→ EXERCISE DETAILS
Work through the records that follow and return each line containing the word "loop".

--- PROVIDED DATA ---

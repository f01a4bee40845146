-- ===== src/Chainstate.antt =====
-- src/chainstate.cpp: the tree of recent blocks in an SQLite table. A row of `blocks` is a record, and
-- a statement is a function of the list of rows. `codec` is BlockData::Serialise and Deserialise.
pub mod Table
pub mod Fork
pub mod Members
pub mod Tree
pub mod Segments
pub mod Forking
pub mod Ops
pub mod Methods
pub mod Sanity
pub mod Pruning
pub mod Detaching
pub mod Paths
pub mod Heights
pub mod Adopting
pub mod Reorganising
pub mod Switching
pub mod Extending
pub mod Branches
pub mod Checking
pub mod Importing
pub mod Reverting
pub mod Rewinding
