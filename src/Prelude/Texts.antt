-- ===== src/Prelude/Texts.antt =====
-- Equality of texts as a decision, and whether a text is empty.
use Prim.Native.String.{String, ◌++◌}
use mathlib.Core.Bool.{Bool, true, false}
use mathlib.Core.Logic.{ite}
use mathlib.Core.Path.{◌≡◌, refl}
use text.Mathlib.Text.{◌==◌ as eq_text}
use text.Mathlib.TextEquality.{eq_iff}

discrete_by : (s t : String) (b : Bool) → eq_text s t ≡ b → Dec (s ≡ t)
discrete_by s t true h = yes ((eq_iff s t).0 h)
discrete_by s t false h = no (λ e. cc ((eq_iff s t).1 e))

unfoldable pub str_discrete : Discrete String
unfolding discrete_by
str_discrete s t = discrete_by s t (eq_text s t) refl

-- `a == b` on std::string.
abbrev pub same : String → String → Bool
same s t = ite (str_discrete s t) true false

-- `s.empty ()`.
abbrev pub is_empty : String → Bool
is_empty s = same s ""

-- `a + b` on std::string.
abbrev pub concat : String → String → String
concat s t = ◌++◌ s t
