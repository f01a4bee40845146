-- ===== src/Chainstate/Table.antt =====
-- The table `blocks` of src/chainstate.cpp and the SQL statements on it. The order of the rows stands
-- for the order in which SQLite stores them, on which no result depends.
use xayax.Prelude.{
  ℕ, String, Bool, true, false, ◌&&◌, ◌||◌, not, List, [], ◌∷◌, Option, none, some, ltb, ◌==◌,
  if◌then◌else◌, select, i64_bound,
}
use xayax.Prelude.Texts.{same}

pub record Row : Type 0 where
  pub hash : String
  pub parent : String
  pub height : ℕ
  pub branch : ℕ
  pub blob : String

-- WHERE `hash` = ?1
abbrev pub has_hash : String → Row → Bool
has_hash h r = same r.hash h

-- WHERE `branch` = ?1
abbrev pub on_branch : ℕ → Row → Bool
on_branch b r = r.branch == b

-- ORDER BY `height` DESC
unfoldable pub insert_desc : Row → List Row → List Row
insert_desc r [] = r ∷ []
insert_desc r (q ∷ qs) =
    let rest = insert_desc r qs in if ltb r.height q.height then q ∷ rest else r ∷ q ∷ qs

unfoldable pub order_desc : List Row → List Row
unfolding insert_desc
order_desc [] = []
order_desc (r ∷ rs) = insert_desc r (order_desc rs)

-- ORDER BY `height` DESC LIMIT 1
unfoldable pub highest : List Row → Option Row
highest [] = none
highest (r ∷ rs) = elim (highest rs) [
  | none ↦ some r
  | some q ↦ some (if ltb r.height q.height then q else r)
]

-- ORDER BY `height` ASC LIMIT 1
unfoldable pub lowest : List Row → Option Row
lowest [] = none
lowest (r ∷ rs) = elim (lowest rs) [
  | none ↦ some r
  | some q ↦ some (if ltb q.height r.height then q else r)
]

-- SELECT `branch` ... ORDER BY `branch` DESC LIMIT 1
unfoldable pub highest_branch : List Row → Option ℕ
highest_branch [] = none
highest_branch (r ∷ rs) = elim (highest_branch rs) [
  | none ↦ some r.branch
  | some b ↦ some (if ltb r.branch b then b else r.branch)
]

-- UPDATE `blocks` SET `branch` = ?1 WHERE ...
unfoldable pub set_branch : ℕ → (Row → Bool) → List Row → List Row
set_branch b p [] = []
set_branch b p (r ∷ rs) = (if p r then record r { branch = b } else r) ∷ set_branch b p rs

-- DELETE FROM `blocks` WHERE ...
abbrev pub delete : (Row → Bool) → List Row → List Row
delete p = select (λ r. not (p r))

-- PRIMARY KEY (`hash`) and UNIQUE (`branch`, `height`): no two rows clash.
abbrev pub clashes : Row → Row → Bool
clashes q r = same q.hash r.hash || (q.branch == r.branch && q.height == r.height)

unfoldable pub clashes_any : Row → List Row → Bool
clashes_any r [] = false
clashes_any r (q ∷ qs) = clashes q r || clashes_any r qs

unfoldable pub constraints_hold : List Row → Bool
unfolding clashes_any
constraints_hold [] = true
constraints_hold (r ∷ rs) = not (clashes_any r rs) && constraints_hold rs

-- A query that must not have a second row: CHECK (!stmt.Step ()).
abbrev pub only : List Row → Option (Option Row)
only [] = some none
only (r ∷ []) = some (some r)
only (r ∷ q ∷ qs) = none

-- A statement that violates a constraint of the table makes Database::Statement::Step abort.
unfoldable pub constrained : List Row → Option (List Row)
constrained rs = if constraints_hold rs then some rs else none

-- Statement::Bind<uint64_t>: CHECK_LE (val, std::numeric_limits<int64_t>::max ())
abbrev pub bindable : ℕ → Bool
bindable v = ltb v i64_bound
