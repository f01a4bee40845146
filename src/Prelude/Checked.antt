-- ===== src/Prelude/Checked.antt =====
-- Code without effects that may abort the process: `none` is a failed CHECK.
use mathlib.Core.Bool.{Bool, true, false}
use mathlib.Core.Option.{Option, none, some}

infixl 5 ◌>>=◌ ◌>>◌
abbrev pub ◌>>=◌ : {A B : Type 0} → Option A → (A → Option B) → Option B
none >>= f = none
some a >>= f = f a

abbrev pub ◌>>◌ : {B : Type 0} → Option (Unit {0}) → Option B → Option B
m >> k = m >>= λ _. k

-- CHECK (b)
abbrev pub check : Bool → Option (Unit {0})
check true = some tt
check false = none
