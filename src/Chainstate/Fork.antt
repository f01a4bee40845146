-- ===== src/Chainstate/Fork.antt =====
-- Chainstate::GetForkBranch of src/chainstate.cpp, on the rows of the table. `none` is a failed CHECK.
use xayax.Prelude.{
  ℕ, zero, suc, ◌+◌, String, true, false, ◌&&◌, List, [], ◌∷◌, ◌++◌, Option, none, some, leb, ◌==◌,
  select, last?, max,
}
use xayax.Prelude.Texts.{same}
use xayax.Prelude.Checked.{◌>>=◌, ◌>>◌, check}
use xayax.BlockData.{BlockData, Codec}
use xayax.Chainstate.Table.{Row, has_hash, on_branch, order_desc, only}

-- SELECT ... WHERE `branch` = ?1 AND `height` <= ?2 ORDER BY `height` DESC
unfoldable pub branch_below : ℕ → ℕ → List Row → List Row
unfolding order_desc
branch_below b h rs = order_desc (select (λ q. on_branch b q && leb q.height h) rs)

-- The greatest height in the table: a bound for the rounds of the loop.
unfoldable pub top : List Row → ℕ
top [] = 0
top (r ∷ rs) = max r.height (top rs)

module _ {Json : Type 0} (codec : Codec Json) where
  -- BlockData::Deserialise of the blob, and the CHECKs against the row's columns.
  unfoldable pub decode : Row → Option (BlockData Json)
  decode r = do
    blk ← codec.deserialise r.blob
    check (same blk.hash r.hash)
    check (same blk.parent r.parent)
    check (blk.height == r.height)
    some blk

  unfoldable pub decode_all : List Row → Option (List (BlockData Json))
  unfolding decode
  decode_all [] = some []
  decode_all (r ∷ rs) = do blk ← decode r; rest ← decode_all rs; some (blk ∷ rest)

  -- What the loop returns at an unknown hash: !branch.empty ().
  abbrev pub found_some : List (BlockData Json) → Option (List (BlockData Json))
  found_some [] = none
  found_some (b ∷ bs) = some (b ∷ bs)

  module _ (rs : List Row) where
    -- The loop from `cur_hash`, with what it has put into `branch` so far.
    unfoldable pub fork_from :
        ℕ → String → List (BlockData Json) → Option (Option (List (BlockData Json)))
    unfolding branch_below decode_all
    fork_from zero cur_hash branch = none
    fork_from (suc fuel) cur_hash branch = do
      row ← only (select (has_hash cur_hash) rs)
      elim row [
        | none ↦ some (found_some branch)
        | some r ↦ elim (r.branch == 0) [
          | true ↦ some (some branch)
          | false ↦ do
            part ← decode_all (branch_below r.branch r.height rs)
            last ← last? (branch ++ part)
            fork_from fuel last.parent (branch ++ part)
        ]
      ]

    -- `some none` is the result false, for a hash that is not known.
    unfoldable pub get_fork_branch : String → Option (Option (List (BlockData Json)))
    unfolding fork_from top
    get_fork_branch hash = fork_from (top rs + 2) hash []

---

→ EXERCISE SOLUTION
-- The greatest height in the table: a bound for the rounds of the loop.
  -- What the loop returns at an unknown hash: !branch.empty ().
    -- The loop from `cur_hash`, with what it has put into `branch` so far.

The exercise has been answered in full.